Capral has managed to grow its earnings per share at 35% per year over five years. The EPS growth is more impressive than the 21% annual share price increase over the same period. As such, the market doesn't seem to be too enthusiastic about this stock these days. This cautious sentiment is reflected in the company's (fairly low) P/E ratio of 5.44.
The image below shows how EPS has changed over time (unveil the exact values by clicking on the image).
this free This interactive report on Capral's earnings, revenue and cash flow is a great starting point, if you want to investigate the stock further.

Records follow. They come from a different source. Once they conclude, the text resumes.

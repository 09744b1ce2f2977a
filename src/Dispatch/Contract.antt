-- ===== src/Dispatch/Contract.antt =====
-- `dispatch` of requirement_dispatcher.py: what each of its outcomes means.
pub mod Whole
use sdlc.Base.{
  String, ◌∙◌, ◌≡◌, refl, ◌≢◌, ◌⊎◌, inl, inr, true, false, Option, none, some, ◌∷◌, is_text,
  is_text_iff, Bool-cases,
}
use sdlc.Fibery.{Requirement, Fallible, ok, failed}
use sdlc.Results.{WorkerResult, is_normal}
use sdlc.Routes.{Worker, raw_process, Route, RouteSelection}
use sdlc.Service.Growth.{Grows, here, later, Grows-trans, During}
use sdlc.Service.{read, History, Workspace}
use sdlc.Service.Effects.{effects}
use sdlc.Candidates.Failing.{HasFailed}
use sdlc.Dispatch.{
  state_of, DispatchOutcome, route_completed, worker_failed, postcondition_not_reached,
  candidate_progression_conflict, candidate_progression_failed, partial_candidate_progression,
  fibery_read_failed, DispatchResult, candidates_of, is_raw, check_after, check_postcondition,
  progress_candidates,
}
use sdlc.Dispatch.Promised.{Promise, Promise-widen}
use sdlc.Dispatch.Progression.{
  progress_candidates-Grows, progress_candidates-Keeps, progress_candidates-Carries,
}

module _ (workspace : Workspace) (selection : RouteSelection) (route : Route)
    (result : WorkerResult) (h h' : History) where
  -- A read of the selected Requirement, between the two histories, returned the completed State.
  pub record WasReached : Type 0 where
    pub asked : History
    pub back : Requirement
    pub read : workspace.on_read asked selection.requirement.id ≡ ok (some back)
    pub completed : back.state ≡ some route.completed_state
    pub during : During h h' asked

  abbrev pub Reached : DispatchResult → Type 0
  Reached d = (is_normal result ≡ true) × (d.state_after ≡ some route.completed_state) × WasReached

  abbrev pub Progressed : DispatchOutcome → DispatchResult → Type 0
  Progressed outcome d =
      (route.worker ≡ raw_process)
      × Promise workspace selection.requirement (candidates_of result) h h' (effects h) outcome
          d.progressed

  -- A read of the selected Requirement, between the two histories, had this answer.
  abbrev pub WasRead : Fallible (Option Requirement) → Type 0
  WasRead answer =
      (asked : History) × During h h' asked
      × (workspace.on_read asked selection.requirement.id ≡ answer)

  -- What an outcome means once the worker has returned `result` at the first history.
  abbrev pub Meaning : DispatchOutcome → DispatchResult → Type 0
  Meaning worker_failed d = (is_normal result ≡ false) × (effects h' ≡ effects h)
  Meaning postcondition_not_reached d =
      (is_normal result ≡ true)
      × (d.state_after ≢ some route.completed_state)
      × ((after : Option Requirement) × (d.state_after ≡ state_of after) × WasRead (ok after))
      × (effects h' ≡ effects h)
  Meaning fibery_read_failed d =
      ((is_normal result ≡ true) × (effects h' ≡ effects h))
      × (((error : String) × (d.state_after ≡ none) × WasRead (failed error))
          ⊎ Reached d × (route.worker ≡ raw_process) × HasFailed workspace h h')
  Meaning route_completed d =
      Reached d
      × ((route.worker ≢ raw_process) × (effects h' ≡ effects h) ⊎ Progressed route_completed d)
  Meaning candidate_progression_conflict d = Reached d × Progressed candidate_progression_conflict d
  Meaning candidate_progression_failed d = Reached d × Progressed candidate_progression_failed d
  Meaning partial_candidate_progression d = Reached d × Progressed partial_candidate_progression d
  Meaning _ d = ⊥

  abbrev pub MeansAt : DispatchResult → Type 0
  MeansAt d = ((d.worker_result ≡ some result) × (d.selection ≡ selection)) × Meaning d.outcome d

  promise_means :
      (outcome : DispatchOutcome) (d : DispatchResult)
      → Reached d
      → Progressed outcome d
      → Meaning outcome d
  promise_means route_completed d reached p = (reached, inr p)
  promise_means candidate_progression_conflict d reached p = (reached, p)
  promise_means candidate_progression_failed d reached p = (reached, p)
  promise_means partial_candidate_progression d reached p = (reached, p)
  promise_means fibery_read_failed d reached (raw, ((_, same), lost)) =
      ((reached.0, same), inr (reached, raw, lost))
  promise_means _ d reached (raw, never) = absurd never

is_raw-cases :
    (w : Worker) → (is_raw w ≡ true) × (w ≡ raw_process) ⊎ (is_raw w ≡ false) × (w ≢ raw_process)
is_raw-cases raw_process = inl (refl, refl)
is_raw-cases _ = inr (refl, λ e. cc)

module _ (workspace : Workspace) (selection : RouteSelection) (route : Route)
    (result : WorkerResult) where
  abbrev Means : History → DispatchResult × History → Type 0
  Means h (d, h') = MeansAt workspace selection route result h h' d

  was_read :
      (h : History) (answer : Fallible (Option Requirement))
      → workspace.on_read h selection.requirement.id ≡ answer
      → WasRead workspace selection route result h
          (read selection.requirement.id (workspace.on_read h selection.requirement.id) ∷ h)
          answer
  was_read h answer got = (h, record { since = here; until = later _ here }, got)

  -- After the re-read at `h` of a normal result, at the history `h₁` behind it.
  module _ (h : History) (back : Requirement) (normal : is_normal result ≡ true)
      (reread : workspace.on_read h selection.requirement.id ≡ ok (some back)) where
    abbrev h₁ : History
    h₁ = read selection.requirement.id (workspace.on_read h selection.requirement.id) ∷ h

    was_reached :
        (h' : History)
        → Grows h₁ h'
        → back.state ≡ some route.completed_state
        → WasReached workspace selection route result h h'
    was_reached h' grows state = record {
      asked = h;
      back = back;
      read = reread;
      completed = state;
      during = record { since = here; until = Grows-trans (later _ here) grows };
    }

    progressed-Means :
        back.state ≡ some route.completed_state
        → route.worker ≡ raw_process
        → Means h (progress_candidates workspace selection result back.state h₁)
    progressed-Means state raw =
        let (carried, same, after) =
          progress_candidates-Carries workspace selection result back.state h₁ in
        let (d, h') = progress_candidates workspace selection result back.state h₁ in
        let grows = progress_candidates-Grows workspace selection result back.state h₁ in
        (
          (carried, same),
          promise_means workspace selection route result h h' d.outcome d
              (normal, after ∙ state, was_reached h' grows state)
              (
                raw,
                Promise-widen workspace selection.requirement (candidates_of result) h' (effects h)
                    d.outcome d.progressed (later _ here)
                    (progress_candidates-Keeps workspace selection result back.state h₁),
              ),
        )

    reread-Means : Means h (check_after workspace selection route result (ok (some back)) h₁)
    unfolding check_after
    reread-Means =
        let test = is_text_iff back.state route.completed_state in
        elim (Bool-cases (is_text back.state route.completed_state)) [
          | inl here_now ↦
              let state = test.0 here_now in
              elim (is_raw-cases route.worker) [
                | inl (raw, is) ↦ rw (here_now, raw) (progressed-Means state is)
                | inr (other, isnt) ↦
                    rw (here_now, other)
                      ((refl, refl), ((normal, state, was_reached h₁ here state), inl (isnt, refl)))
              ]
          | inr elsewhere ↦ rw elsewhere (
            (refl, refl),
            (
              normal,
              (λ e. cc (elsewhere, test.1 e)),
              (some back, refl, was_read h (ok (some back)) reread),
              refl,
            ),
          )
        ]

  check_after-Means :
      (h : History) (after : Fallible (Option Requirement))
      → workspace.on_read h selection.requirement.id ≡ after
      → is_normal result ≡ true
      → Means h (
          check_after workspace selection route result after
            (read selection.requirement.id (workspace.on_read h selection.requirement.id) ∷ h))
  unfolding check_after
  check_after-Means h (failed e) reread normal =
      ((refl, refl), ((normal, refl), inl (e, refl, was_read h (failed e) reread)))
  check_after-Means h (ok none) reread normal =
      ((refl, refl), (normal, (λ e. cc), (none, refl, was_read h (ok none) reread), refl))
  check_after-Means h (ok (some back)) reread normal = reread-Means h back normal reread

  check_postcondition-Means :
      (h : History)
      → is_normal result ≡ true
      → Means h (check_postcondition workspace selection route result h)
  unfolding check_postcondition
  check_postcondition-Means h normal =
      check_after-Means h (workspace.on_read h selection.requirement.id) refl normal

What will happen to the dividend?
When looking at return on investment, it is important to consider the following differences: Total shareholder return (TSR) and stock price return. Whereas the price/earnings ratio only reflects the change in the share price, the TSR includes the value of dividends (assuming they were reinvested) and the benefit of any discounted capital raising or spin-off. So for companies that pay a generous dividend, the TSR is often much higher than the share price return. We note that Capral's TSR over the last five years was 266%, which is better than the share price return mentioned above. This is primarily due to dividend payments.
different perspective
It's good to see that Capral returned a total return of 42% to shareholders in the over the last twelve months. Of course, this includes dividends. This growth rate is better than the five-year annual TSR (30%). So it seems like sentiment around the company has been positive lately. In the best-case scenario, this could signal real business momentum and suggest that now could be a great time to dig deeper. It's always interesting to track stock performance over the long term. However, to understand Capral better, we need to consider many other factors. For example, we discovered that 2 warning signs for Capral (1 is not very good to us!) Here's what you need to know before investing.
If you want to check out another company with potentially better financials, don't miss this free A list of companies that have proven they can grow revenue.
Please note, the market returns quoted in this article reflect the market weighted average returns of stocks that currently trade on Australian exchanges.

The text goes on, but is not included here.